E a proposito delle influenze musicali di Elvis, Malone scrive ancora: ‘…era ampiamente figlio del suo tempo e dei media. Modo di vestire e atteggiamenti erano parzialmente mutuati dai film e dalla televisione, mentre i suoi gusti musicali erano influenzati dalla radio. Ascoltava country music, gospel, Rhythm& Blues e il pop che andava per la maggiore nelle radio di Memphis…’. I suoi punti di riferimento erano nomi come Dean Martin, Bing Crosby, Eddy Arnold, Red Foley, Ink Spots, ma i più tipici ingredienti del suo stile provenivano dai white gospels.
Un nuovo enorme mercato
Elvis deflagra nel 1954 con That’s Alright, un vecchio blues del nero Arthur Crudup quasi irriconoscibile nella versione ‘bianca’ di Elvis, aggressiva ma modulata e melodica, e con Blue Moon of Kentucky il già classico bluegrass hit di Bill Monroe. Come si sa, i singles che seguirono per la Sun Records contenevano sempre un lato con una cover country: Milk Cow Blues Boogie (sempre Bill Monroe), I’m Left, You’re Right, She’s Gone , I Forgot To Remember To Forget (entrambi di Stan Kesler, uno steel guitar player di Nashville) mentre solo I Don’t Care If the Sun Don’t Shine era dell’autore pop Mack David. Sull’onda del successo, Elvis viene chiamato a far parte del cast della trasmissione radiofonica country Louisiana Hayride ed inizia a tenere concerti nel circuito country del SudOvest. Viene invitato anche alla Grand Ole Opry (dove per la verità non viene accolto con gli entusiasmi per lui ormai abituali), e nel 1955 il Colonnello Parker lo fa scritturare alla RCA di Nashville il cui boss Steve Sholes lo inserisce nel gotha di Music City, un ambiente professionale ben conscio dell’impatto di Elvis sui gusti del pubblico giovane.

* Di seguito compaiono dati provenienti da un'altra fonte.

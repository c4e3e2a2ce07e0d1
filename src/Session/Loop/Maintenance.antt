-- ===== src/Session/Loop/Maintenance.antt =====
-- A DISCONNECT of the broker in `forward_loop` of src/session/forward.rs: a broker under maintenance
-- against a fault of the client.
use traffic_director.Session.Outage.{empty_buffer, broker_retry_initial}
use traffic_director.Session.Replay.Flush.{raws}
use traffic_director.Window.{broker_retransmits, client_retransmits}
use traffic_director.Session.{codec_for}
use traffic_director.Session.Subscriptions.{resubscribe_packet}
use traffic_director.Session.Handshake.{force_session_resumption}
use traffic_director.Session.Replay.Answers.{IsConnack, Resubscribed}
use traffic_director.Session.Replay.Leftover.{Drains, Encodes}
use traffic_director.Session.Outage.Buffer.{IsDeferred}
use traffic_director.Session.Replay.Writes.{wrote}
use traffic_director.Session.Connected.Forwarding.{on_broker_next-retryable, on_broker_next-fault}
use traffic_director.Result.{ok}
use traffic_director.Session.Connected.{Loop, is_retryable_disconnect, ends, continues}
use traffic_director.Session.Freeze.{connect_step, Session}
use traffic_director.Session.Conn.{Conn, next_packet, Next, after_next}
use traffic_director.Session.Loop.{
  Event, broker_yields, forward_loop, turn, connected, with_broker, wait_ends,
}
use traffic_director.Codec.{
  DisconnectReasonCode, normal_disconnection, server_shutting_down, server_busy, use_another_server,
  server_moved, Disconnect, PacketV5, v5, CodecLib, MqttPacket,
}
use traffic_director.Prelude.{
  Bytes, ℕ, ◌≡◌, refl, ◌⊎◌, inl, inr, true, false, some, List, ◌∷◌, ◌<◌, none, [], ◌+◌, ◌≤◌, ◌∙◌,
  ◌++◌, length, All,
}
use traffic_director.Session.Loop.Recovery.{down, reopened, attempts, forward_loop-recovers}

-- The reasons that a broker under maintenance gives.
abbrev pub IsMaintenance : DisconnectReasonCode → Type 0
IsMaintenance r =
    (r ≡ normal_disconnection)
    ⊎ (r ≡ server_shutting_down)
    ⊎ (r ≡ server_busy)
    ⊎ (r ≡ use_another_server)
    ⊎ (r ≡ server_moved)

IsMaintenance-retryable :
    (r : DisconnectReasonCode) → IsMaintenance r → is_retryable_disconnect r ≡ true
unfolding is_retryable_disconnect
IsMaintenance-retryable r (inl e) = rw e refl
IsMaintenance-retryable r (inr (inl e)) = rw e refl
IsMaintenance-retryable r (inr (inr (inl e))) = rw e refl
IsMaintenance-retryable r (inr (inr (inr (inl e)))) = rw e refl
IsMaintenance-retryable r (inr (inr (inr (inr e)))) = rw e refl

fault-not-retryable :
    (r : DisconnectReasonCode) → ¬ IsMaintenance r → is_retryable_disconnect r ≡ false
unfolding is_retryable_disconnect
fault-not-retryable normal_disconnection h = absurd (h (inl refl))
fault-not-retryable server_shutting_down h = absurd (h (inr (inl refl)))
fault-not-retryable server_busy h = absurd (h (inr (inr (inl refl))))
fault-not-retryable use_another_server h = absurd (h (inr (inr (inr (inl refl)))))
fault-not-retryable server_moved h = absurd (h (inr (inr (inr (inr refl)))))
fault-not-retryable _ h = refl

-- A session with a broker connection, between two turns.
abbrev pub has_broker : {C : Type 0} → Session C → Conn C → ℕ → ℕ → Loop C
has_broker s b delay last = record {
  session = record s { broker = some b };
  delay = delay;
  step = connect_step;
  last_client_activity = last;
}

module _ {C : Type 0} (lib : CodecLib C) (id fd : ℕ) where
  abbrev pub disconnects : Disconnect → C → Bytes → Event C
  disconnects d codec buf = broker_yields (next_packet (v5 (PacketV5.disconnect d)) codec buf)

  maintenance_turn :
      (d : Disconnect) (codec : C) (buf : Bytes) (events : List (Event C)) (s : Session C)
      (b : Conn C) (delay last : ℕ)
      → IsMaintenance d.reason_code
      → forward_loop lib id fd (disconnects d codec buf ∷ events) (has_broker s b delay last)
        ≡ forward_loop lib id fd events (down (record s { broker_leftover = buf }) delay last)
  unfolding forward_loop turn connected
  maintenance_turn d codec buf events s b delay last m =
      rw
        (on_broker_next-retryable lib b d codec buf (with_broker none (has_broker s b delay last))
          (IsMaintenance-retryable d.reason_code m))
        refl

  fault_turn :
      (d : Disconnect) (codec : C) (buf : Bytes) (events : List (Event C)) (s : Session C)
      (b : Conn C) (delay last : ℕ) (raw : Bytes)
      → ¬ IsMaintenance d.reason_code
      → lib.encode s.client.codec (v5 (PacketV5.disconnect d)) ≡ some raw
      → 0 < s.client.room
      → forward_loop lib id fd (disconnects d codec buf ∷ events) (has_broker s b delay last)
        ≡ (ok ends, down (record s { client = wrote s.client (raw ∷ []) }) delay last)
  unfolding forward_loop turn connected
  fault_turn d codec buf events s b delay last raw m e room =
      rw
        (on_broker_next-fault lib b d codec buf (with_broker none (has_broker s b delay last)) raw
          (fault-not-retryable d.reason_code m) e room)
        refl

  -- A session with a broker connection gets a DISCONNECT. If its reason is that of a broker under
  -- maintenance (normal disconnection, server shutting down, server busy, use another server, or
  -- server moved), the client is not shown it and the loop goes on: after any number of failed
  -- connect attempts and one that yields a connection, where the CONNECT is well formed, the CONNACK
  -- and the SUBACK arrive and the connections accept the writes, the session is connected again,
  -- the broker has been sent the CONNECT that asks for resumption, the re-SUBSCRIBE, the
  -- retransmissions and all that was held back, the client has been sent nothing but the packets that
  -- the old connection had left undecoded and the retransmissions, nothing is held back any more, and
  -- the next outage begins with the shortest delay. If it is any other reason, and the client's connection
  -- accepts the DISCONNECT, the client is sent exactly that and the loop ends, whatever would follow.
  pub forward_loop-disconnect :
      (connack suback : Next C) (n : ℕ) (stream b : Conn C) (s : Session C) (delay last : ℕ)
      (d fault : Disconnect) (codec : C) (buf patched : Bytes) (sub : List Bytes)
      (ps : List MqttPacket) (frames to_broker to_client : List Bytes) (raw : Bytes)
      (events : List (Event C))
      → IsMaintenance d.reason_code
      → ¬ IsMaintenance fault.reason_code
      → lib.encode s.client.codec (v5 (PacketV5.disconnect fault)) ≡ some raw
      → 0 < s.client.room
      → force_session_resumption s.hs.connect_raw ≡ ok patched
      → IsConnack connack
      → Resubscribed lib
          (resubscribe_packet lib s.subscriptions s.hs.version)
          suback
          (after_next (wrote (reopened lib stream s.hs.version) (patched ∷ [])) connack)
          sub
      → Drains lib (codec_for lib s.hs.version) buf ps
      → length ps ≤ length buf
      → Encodes lib s.client.codec ps frames
      → broker_retransmits s.windows ≡ ok to_broker
      → client_retransmits s.windows ≡ ok to_client
      → All IsDeferred s.buffer.entries
      → 1 + length sub + length to_broker + length s.buffer.entries ≤ stream.room
      → length frames + length to_client ≤ s.client.room
      → ((b' : Conn C) × (l : Loop C) × (forward_loop lib id fd
              (disconnects d codec buf
                ∷ attempts lib id fd connack suback n (wait_ends (some stream) connack suback ∷ []))
              (has_broker s b delay last)
            ≡ (ok continues, l))
          × (l.session.broker ≡ some b')
          × (b'.sent
              ≡ ((stream.sent ++ (patched ∷ [])) ++ sub) ++ (to_broker ++ raws s.buffer.entries))
          × (l.session.client.sent ≡ s.client.sent ++ (frames ++ to_client))
          × (l.session.buffer ≡ empty_buffer)
          × (l.session.broker_leftover ≡ [])
          × (l.delay ≡ broker_retry_initial))
        × (forward_loop lib id fd (disconnects fault codec buf ∷ events) (has_broker s b delay last)
            ≡ (ok ends, down (record s { client = wrote s.client (raw ∷ []) }) delay last))
  forward_loop-disconnect connack suback n stream b s delay last d fault codec buf patched sub ps
        frames to_broker to_client raw events m f e room patch greeting subscribed drains few enc eb
        ec def rb rc =
      let left : Session C = record s { broker_leftover = buf } in
      let again : List (Event C) =
        attempts lib id fd connack suback n (wait_ends (some stream) connack suback ∷ []) in
      let (b', l, run, connected, sent, received, empty, gone, shortest) =
        forward_loop-recovers lib id fd connack suback n stream left delay last patched sub ps
          frames to_broker to_client patch greeting subscribed drains few enc eb ec def rb rc in
      (
        (
          b',
          l,
          maintenance_turn d codec buf again s b delay last m ∙ run,
          connected,
          sent,
          received,
          empty,
          gone,
          shortest,
        ),
        fault_turn fault codec buf events s b delay last raw f e room,
      )
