-- ===== src/Window/Retransmit.antt =====
-- What src/window.rs sends again on thaw: `broker_retransmits` and `client_retransmits`.
use traffic_director.Prelude.Bits.{bit_or_eight}
use traffic_director.Window.Invariant.{IsC2B, IsB2C, AllSlots, IsValid}
use traffic_director.Window.Vec.{
  c2b_publish_sent, c2b_pubrel_sent, b2c_publish_sent, b2c_pubrec_forwarded, Slots,
}
use traffic_director.Codec.{HasType}
use traffic_director.Prelude.{Bytes, ℕ, ◌/◌, ◌%◌, bit_and, bit_or, ◌≡◌, refl, List, [], ◌∷◌}
use traffic_director.Result.{ok}
use traffic_director.Window.{
  broker_retransmits, client_retransmits, collect, broker_retransmit, client_retransmit, with_dup,
  InflightWindows,
}

-- The second packet is the first with DUP set: the type, the low bits and all later bytes are kept.
abbrev pub SameWithDup : Bytes → Bytes → Type 0
SameWithDup (b ∷ raw) (b' ∷ raw') =
    (b' / 16 ≡ b / 16) × (b' % 8 ≡ b % 8) × (bit_and b' 8 ≡ 8) × (raw' ≡ raw)
SameWithDup _ _ = ⊥

-- One packet for each slot, in the order of the window: a PUBLISH with DUP, a PUBREL as it was.
abbrev pub ResentToBroker : Slots → List Bytes → Type 0
ResentToBroker [] [] = Unit
ResentToBroker ((k, (c2b_publish_sent, raw)) ∷ v) (o ∷ out) =
    SameWithDup raw o × ResentToBroker v out
ResentToBroker ((k, (c2b_pubrel_sent, raw)) ∷ v) (o ∷ out) = (o ≡ raw) × ResentToBroker v out
ResentToBroker _ _ = ⊥

-- A PUBLISH with DUP for each slot whose PUBREC was not forwarded, in the order of the window.
abbrev pub ResentToClient : Slots → List Bytes → Type 0
ResentToClient [] [] = Unit
ResentToClient [] (o ∷ out) = ⊥
ResentToClient ((k, (b2c_pubrec_forwarded, raw)) ∷ v) out = ResentToClient v out
ResentToClient ((k, (b2c_publish_sent, raw)) ∷ v) (o ∷ out) =
    SameWithDup raw o × ResentToClient v out
ResentToClient _ _ = ⊥

with_dup_total :
    (t : ℕ) (raw : Bytes)
    → HasType t raw
    → (out : Bytes) × (with_dup raw ≡ ok out) × SameWithDup raw out
unfolding with_dup
with_dup_total t [] h = absurd h
with_dup_total t (b ∷ raw) h =
    let law = bit_or_eight b h.0 in (bit_or b 8 ∷ raw, refl, (law.0, law.1, law.2, refl))

collect_broker :
    (v : Slots)
    → AllSlots IsC2B v
    → (out : List Bytes) × (collect broker_retransmit v ≡ ok out) × ResentToBroker v out
unfolding collect broker_retransmit
collect_broker [] h = ([], refl, tt)
collect_broker ((k, (c2b_publish_sent, raw)) ∷ v) h =
    let (o, eq, same) = with_dup_total 3 raw h.0 in
    let (out, eqs, sames) = collect_broker v h.1 in (o ∷ out, rw (eq, eqs), (same, sames))
collect_broker ((k, (c2b_pubrel_sent, raw)) ∷ v) h =
    let (out, eqs, sames) = collect_broker v h.1 in (raw ∷ out, rw eqs, (refl, sames))
collect_broker ((k, (b2c_publish_sent, raw)) ∷ v) h = absurd h.0
collect_broker ((k, (b2c_pubrec_forwarded, raw)) ∷ v) h = absurd h.0

collect_client :
    (v : Slots)
    → AllSlots IsB2C v
    → (out : List Bytes) × (collect client_retransmit v ≡ ok out) × ResentToClient v out
unfolding collect client_retransmit
collect_client [] h = ([], refl, tt)
collect_client ((k, (b2c_publish_sent, raw)) ∷ v) h =
    let (o, eq, same) = with_dup_total 3 raw h.0 in
    let (out, eqs, sames) = collect_client v h.1 in (o ∷ out, rw (eq, eqs), (same, sames))
collect_client ((k, (b2c_pubrec_forwarded, raw)) ∷ v) h =
    let (out, eqs, sames) = collect_client v h.1 in (out, rw eqs, sames)
collect_client ((k, (c2b_publish_sent, raw)) ∷ v) h = absurd h.0
collect_client ((k, (c2b_pubrel_sent, raw)) ∷ v) h = absurd h.0

-- On valid windows `broker_retransmits` does not panic, and yields one packet for each slot of
-- the client-to-broker window in its order: a PUBLISH with DUP set and else unchanged, or the
-- PUBREL as it was sent.
pub broker_retransmits_lem :
    (w : InflightWindows)
    → IsValid w
    → (out : List Bytes) × (broker_retransmits w ≡ ok out) × ResentToBroker w.c2b out
unfolding broker_retransmits
broker_retransmits_lem w v = collect_broker w.c2b v.c2b_states

-- On valid windows `client_retransmits` does not panic, and yields, in the order of the
-- broker-to-client window, one PUBLISH with DUP set and else unchanged for each slot that still
-- waits for the client's PUBACK or PUBREC, and nothing for a slot whose PUBREC was forwarded.
pub client_retransmits_lem :
    (w : InflightWindows)
    → IsValid w
    → (out : List Bytes) × (client_retransmits w ≡ ok out) × ResentToClient w.b2c out
unfolding client_retransmits
client_retransmits_lem w v = collect_client w.b2c v.b2c_states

Dire quindi che Elvis rese il blues o la musica nera accettabile al pubblico bianco è una forzatura se non una palese mistificazione. La realtà parla di un personale mix di R&B, country e pop che fu ampiamente recepito dal pubblico bianco nella sua peculiare versione. La RCA sostituì i musicisti che lo accompagnavano, aggiunse alla ricetta Elvis il quartetto vocale dei Jordanaires che davano agli arrangiamenti le suggestioni del gospel, mobilitò lo stesso Chet Atkins per le parti di chitarra ma inevitabilmente e gradatamente livellò il rockabilly beat dei primi anni su uno standard sempre più pop. Da quella fase in poi rimane materia di discussione l’identità musicale del King. Ma intanto Nashville aveva confezionato un fenomeno che vendeva dischi e biglietti ad una enorme massa di giovani come mai prima.
Hank Williams
A chi appartiene Elvis
In ultima analisi, l’identificazione dell’Elvis delle origini con l’ambiente culturale e discografico del country è totale: buona parte del suo repertorio, le radio che lo trasmettevano, il pubblico, le classifiche, i musicisti e gli executive che lo circondavano. Elvis rinvigorì il mercato della country music in un periodo in cui le vendite ristagnavano e in cui l’effetto Hank Williams si era già contratto su artisti come Lefty Frizzell, Kitty Wells, Hank Snow, validi ma non in grado di rompere barriere e conquistare nuovo pubblico.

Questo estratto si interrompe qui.